Copy out the first line of the listing and every line after it, exactly, until you have copied the line containing "parse_inline-append s t".
(RECORDS SUPPLIED Opens)
-- ===== src/Resp/Request.antt =====
-- Resp.antt: how `parse_request` behaves on a buffer that fills up, and how the fast scan
-- `detect_request_boundary` agrees with it.
use ultra_net.Prelude.{
  ℕ, suc, ◌-◌, ◌≤◌, ◌<◌, ◌≡◌, ◌≢◌, refl, sym, subst, [], ◌∷◌, ◌++◌, some, arith, ◌==◌, length,
  length-append, Bytes, inl, inr, Bool-cases, Option-cases, false,
}
use ultra_net.Resp.{
  Scan, ready, incomplete, RespRequest, Outcome, returns, cr, lf, crlf, number_line, bulk_header,
  parse_args, parse_request, skip_args, detect_request_boundary, request_end, passed, parse_inline,
  to_cr, inline_end,
}
use ultra_net.Resp
use ultra_net.Resp.Rounds.{Scan-cases, parse_args-append, skip_args-parse_args}
use ultra_net.Resp.Lines.{crlf-ready, number_line-append}

to_cr-append :
    (s t : Bytes) {l r : Bytes} → to_cr s ≡ some (l, r) → to_cr (s ++ t) ≡ some (l, r ++ t)
unfolding to_cr
to_cr-append [] t h = cc
to_cr-append (c ∷ s) t {l} {r} h = elim (Option-cases (to_cr s)) [
  | inl e ↦ ground arith
  | inr ((k, q), e) ↦ ground (arith, to_cr-append s t {l = k} {r = q} e)
]

to_cr-length : (s : Bytes) {l r : Bytes} → to_cr s ≡ some (l, r) → length r ≤ length s
unfolding to_cr
to_cr-length [] h = cc
to_cr-length (c ∷ s) {l} {r} h = elim (Option-cases (to_cr s)) [
  | inl e ↦ ground arith
  | inr ((k, q), e) ↦ ground (arith, to_cr-length s {l = k} {r = q} e)
]

-- The line that an inline command was read from.
record Line (s : Bytes) (q : RespRequest) : Type 0 where
  line : Bytes
  rest : Bytes
  ended : to_cr s ≡ some (line, cr ∷ lf ∷ rest)
  args : q.args ≡ Resp.split_spaces line []
  consumed : q.consumed ≡ length s - length rest

parse_inline-Line : (s : Bytes) → 0 < (parse_inline s).consumed → Line s (parse_inline s)
unfolding parse_inline
parse_inline-Line s pos = elim (Option-cases (to_cr s)) [
  | inl e ↦ absurd (ground arith)
  | inr ((l, r), e) ↦ elim (Scan-cases (crlf r)) [
    | inl (t, k) ↦ record {
      line = l;
      rest = t;
      ended = ground (arith, crlf-ready r k);
      args = ground arith;
      consumed = ground arith;
    }
    | inr (inl k) ↦ absurd (ground arith)
    | inr (inr k) ↦ absurd (ground arith)
  ]
]

parse_inline-append :
    (s t : Bytes) → 0 < (parse_inline s).consumed → parse_inline (s ++ t) ≡ parse_inline s
parse_inline-append s t pos =
    let l = parse_inline-Line s pos in
    unfold parse_inline crlf in
    ground (arith, to_cr-append s t l.ended, length-append s t, length-append l.rest t, l.ended)

crlf_done : (s : Bytes) → crlf (cr ∷ lf ∷ s) ≡ ready s
unfolding crlf
crlf_done s = refl

-- A command that was found is found again, with the same arguments and length, when more bytes
-- stand behind it; so a buffer may be filled and scanned in pieces of any size. It lies within the
-- buffer.
pub parse_request-append :
    (s t : Bytes) (q : RespRequest)
    → parse_request s ≡ returns q
    → 0 < q.consumed
    → (parse_request (s ++ t) ≡ returns q) × (q.consumed ≤ length s)
unfolding parse_request
parse_request-append [] t q h pos = ground arith
parse_request-append (c ∷ s) t q h pos = elim (Bool-cases (c == b'*')) [
  | inl star ↦ elim (Scan-cases (number_line s)) [
    | inl ((n, r), e) ↦
        let loop : parse_args (suc (length s)) n r [] ≡ returns q = ground arith in
        let (z, _, c, l) = skip_args-parse_args (suc (length s)) n r [] q loop pos in
        ground (
          arith,
          number_line-append s t e,
          parse_args-append (suc (length s)) n r t [] q loop pos,
          length-append s t,
          c,
        )
    | inr (inl e) ↦ absurd (ground arith)
    | inr (inr e) ↦ absurd (ground arith)
  ]
  | inr other ↦ inline_case other
]
  where
    inline_case :
        (c == b'*') ≡ false
        → (parse_request (c ∷ s ++ t) ≡ returns q) × (q.consumed ≤ length (c ∷ s))
    inline_case other =
        let e : parse_inline (c ∷ s) ≡ q = ground arith in
        let l = parse_inline-Line (c ∷ s) (subst (λ p. 0 < p.consumed) (sym e) pos) in
        ground (arith, parse_inline-append (c ∷ s) t, l.consumed)

-- Where the parser finds a command in at least four bytes, the fast scan finds its end.
pub detect_request_boundary-parse_request :
    (s : Bytes) (q : RespRequest)
    → parse_request s ≡ returns q
    → 0 < q.consumed
    → 4 ≤ length s
    → detect_request_boundary s ≡ returns q.consumed
unfolding parse_request detect_request_boundary request_end inline_end
detect_request_boundary-parse_request [] q h pos long = ground arith
detect_request_boundary-parse_request (c ∷ s) q h pos long = elim (Bool-cases (c == b'*')) [
  | inl star ↦ elim (Scan-cases (number_line s)) [
    | inl ((n, r), e) ↦
        let loop : parse_args (suc (length s)) n r [] ≡ returns q = ground arith in
        let (z, k, c, l) = skip_args-parse_args (suc (length s)) n r [] q loop pos in
        ground (arith, k, c)
    | inr (inl e) ↦ absurd (ground arith)
    | inr (inr e) ↦ absurd (ground arith)
  ]
  | inr other ↦ inline_case other
]
  where
    inline_case : (c == b'*') ≡ false → detect_request_boundary (c ∷ s) ≡ returns q.consumed
    inline_case other =
        let e : parse_inline (c ∷ s) ≡ q = ground arith in
        let l = parse_inline-Line (c ∷ s) (subst (λ p. 0 < p.consumed) (sym e) pos) in
        ground (arith, l.consumed, l.ended, crlf_done l.rest)

-- A command of one letter, written inline, is read by the parser, while the fast scan asks for more
-- bytes.
pub short_inline :
    (c : ℕ)
    → c ≢ cr
    → c ≢ b' '
    → c ≢ b'*'
    → (parse_request (c ∷ cr ∷ lf ∷ []) ≡ returns (record { args = (c ∷ []) ∷ []; consumed = 3 }))
      × (detect_request_boundary (c ∷ cr ∷ lf ∷ []) ≡ returns 0)
unfolding parse_request parse_inline to_cr crlf Resp.split_spaces detect_request_boundary
short_inline c h k l = ground arith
(RECORDS SUPPLIED Closes)
> **RESULT FOR THIS TASK**:
-- ===== src/Resp/Request.antt =====
-- Resp.antt: how `parse_request` behaves on a buffer that fills up, and how the fast scan
-- `detect_request_boundary` agrees with it.
use ultra_net.Prelude.{
  ℕ, suc, ◌-◌, ◌≤◌, ◌<◌, ◌≡◌, ◌≢◌, refl, sym, subst, [], ◌∷◌, ◌++◌, some, arith, ◌==◌, length,
  length-append, Bytes, inl, inr, Bool-cases, Option-cases, false,
}
use ultra_net.Resp.{
  Scan, ready, incomplete, RespRequest, Outcome, returns, cr, lf, crlf, number_line, bulk_header,
  parse_args, parse_request, skip_args, detect_request_boundary, request_end, passed, parse_inline,
  to_cr, inline_end,
}
use ultra_net.Resp
use ultra_net.Resp.Rounds.{Scan-cases, parse_args-append, skip_args-parse_args}
use ultra_net.Resp.Lines.{crlf-ready, number_line-append}

to_cr-append :
    (s t : Bytes) {l r : Bytes} → to_cr s ≡ some (l, r) → to_cr (s ++ t) ≡ some (l, r ++ t)
unfolding to_cr
to_cr-append [] t h = cc
to_cr-append (c ∷ s) t {l} {r} h = elim (Option-cases (to_cr s)) [
  | inl e ↦ ground arith
  | inr ((k, q), e) ↦ ground (arith, to_cr-append s t {l = k} {r = q} e)
]

to_cr-length : (s : Bytes) {l r : Bytes} → to_cr s ≡ some (l, r) → length r ≤ length s
unfolding to_cr
to_cr-length [] h = cc
to_cr-length (c ∷ s) {l} {r} h = elim (Option-cases (to_cr s)) [
  | inl e ↦ ground arith
  | inr ((k, q), e) ↦ ground (arith, to_cr-length s {l = k} {r = q} e)
]

-- The line that an inline command was read from.
record Line (s : Bytes) (q : RespRequest) : Type 0 where
  line : Bytes
  rest : Bytes
  ended : to_cr s ≡ some (line, cr ∷ lf ∷ rest)
  args : q.args ≡ Resp.split_spaces line []
  consumed : q.consumed ≡ length s - length rest

parse_inline-Line : (s : Bytes) → 0 < (parse_inline s).consumed → Line s (parse_inline s)
unfolding parse_inline
parse_inline-Line s pos = elim (Option-cases (to_cr s)) [
  | inl e ↦ absurd (ground arith)
  | inr ((l, r), e) ↦ elim (Scan-cases (crlf r)) [
    | inl (t, k) ↦ record {
      line = l;
      rest = t;
      ended = ground (arith, crlf-ready r k);
      args = ground arith;
      consumed = ground arith;
    }
    | inr (inl k) ↦ absurd (ground arith)
    | inr (inr k) ↦ absurd (ground arith)
  ]
]

parse_inline-append :
    (s t : Bytes) → 0 < (parse_inline s).consumed → parse_inline (s ++ t) ≡ parse_inline s
parse_inline-append s t pos =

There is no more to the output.